§ TASK DESCRIPTION:
Could you give the records below again exactly as they stand?

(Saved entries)
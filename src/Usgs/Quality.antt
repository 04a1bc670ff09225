-- ===== src/Usgs/Quality.antt =====
-- services/ingestion-usgs/src/ingestion_usgs/quality.py
use sentinel_chain.Base.{
  String, str_eq, Bool, true, false, not, ◌&&◌, Option, none, some, List, [], ◌∷◌, ◌++◌,
  if◌then◌else◌,
}
use sentinel_chain.Base.Int.{ℤ, pos, negsuc}
use sentinel_chain.Base.Text.{concat}
use sentinel_chain.Base.Runtime.{Runtime}
use sentinel_chain.Usgs.Parser.{UsgsEvent}
pub mod Valid

-- `if test: reasons.append(reason)`
abbrev pub when : Bool → String → List String
when test reason = if test then reason ∷ [] else []

module _ (R : Runtime) where
  -- `lo <= x <= hi`
  abbrev pub between : R.Float → R.Float → R.Float → Bool
  between lo x hi = R.leb_f lo x && R.leb_f x hi

  abbrev pub degrees : ℤ → R.Float
  degrees n = R.lit n 0

  -- `MIN_MAGNITUDE`
  abbrev pub min_magnitude : R.Float
  min_magnitude = R.lit (negsuc 1) 0

  -- `MAX_MAGNITUDE`
  abbrev pub max_magnitude : R.Float
  max_magnitude = R.lit (pos 12) 0

  abbrev pub check_magnitude : Option R.Float → List String
  check_magnitude none = "magnitude is missing" ∷ []
  check_magnitude (some m) = when (not (between min_magnitude m max_magnitude)) (
      concat (
        "magnitude "
        ∷ R.show_float m
        ∷ " out of range ["
        ∷ R.show_float min_magnitude
        ∷ ", "
        ∷ R.show_float max_magnitude
        ∷ "]"
        ∷ []))

  unfoldable pub check_event : UsgsEvent R → R.Datetime → R.Float → List String
  check_event event now future_tolerance =
      when (str_eq event.source_event_id "") "source_event_id is empty"
      ++ (when (not (between (degrees (negsuc 89)) event.latitude (degrees (pos 90))))
            (concat ("latitude " ∷ R.show_float event.latitude ∷ " out of range [-90, 90]" ∷ []))
          ++ (when (not (between (degrees (negsuc 179)) event.longitude (degrees (pos 180)))) (
                concat
                  ("longitude " ∷ R.show_float event.longitude ∷ " out of range [-180, 180]" ∷ []))
              ++ (check_magnitude event.magnitude
                  ++ when (R.later event.event_time (R.plus_seconds now future_tolerance)) (
                      concat (
                        "event_time "
                        ∷ R.isoformat event.event_time
                        ∷ " is too far in the future"
                        ∷ [])))))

§ SOLUTION:
filename src/Usgs/Quality.antt
repository 04a1bc670ff09225
-- ===== src/Usgs/Quality.antt =====
-- services/ingestion-usgs/src/ingestion_usgs/quality.py
use sentinel_chain.Base.{
  String, str_eq, Bool, true, false, not, ◌&&◌, Option, none, some, List, [], ◌∷◌, ◌++◌,
  if◌then◌else◌,
}
use sentinel_chain.Base.Int.{ℤ, pos, negsuc}
use sentinel_chain.Base.Text.{concat}
use sentinel_chain.Base.Runtime.{Runtime}
use sentinel_chain.Usgs.Parser.{UsgsEvent}
pub mod Valid

-- `if test: reasons.append(reason)`
abbrev pub when : Bool → String → List String
when test reason = if test then reason ∷ [] else []

module _ (R : Runtime) where
  -- `lo <= x <= hi`
  abbrev pub between : R.Float → R.Float → R.Float → Bool
  between lo x hi = R.leb_f lo x && R.leb_f x hi

  abbrev pub degrees : ℤ → R.Float
  degrees n = R.lit n 0

  -- `MIN_MAGNITUDE`
  abbrev pub min_magnitude : R.Float
  min_magnitude = R.lit (negsuc 1) 0

  -- `MAX_MAGNITUDE`
  abbrev pub max_magnitude : R.Float
  max_magnitude = R.lit (pos 12) 0

  abbrev pub check_magnitude : Option R.Float → List String
  check_magnitude none = "magnitude is missing" ∷ []
  check_magnitude (some m) = when (not (between min_magnitude m max_magnitude)) (
      concat (
        "magnitude "
        ∷ R.show_float m
        ∷ " out of range ["
        ∷ R.show_float min_magnitude
        ∷ ", "
        ∷ R.show_float max_magnitude
        ∷ "]"
        ∷ []))

  unfoldable pub check_event : UsgsEvent R → R.Datetime → R.Float → List String
  check_event event now future_tolerance =
      when (str_eq event.source_event_id "") "source_event_id is empty"
      ++ (when (not (between (degrees (negsuc 89)) event.latitude (degrees (pos 90))))
            (concat ("latitude " ∷ R.show_float event.latitude ∷ " out of range [-90, 90]" ∷ []))
          ++ (when (not (between (degrees (negsuc 179)) event.longitude (degrees (pos 180)))) (
                concat
                  ("longitude " ∷ R.show_float event.longitude ∷ " out of range [-180, 180]" ∷ []))
              ++ (check_magnitude event.magnitude
                  ++ when (R.later event.event_time (R.plus_seconds now future_tolerance)) (
                      concat (
                        "event_time "
                        ∷ R.isoformat event.event_time
                        ∷ " is too far in the future"
                        ∷ [])))))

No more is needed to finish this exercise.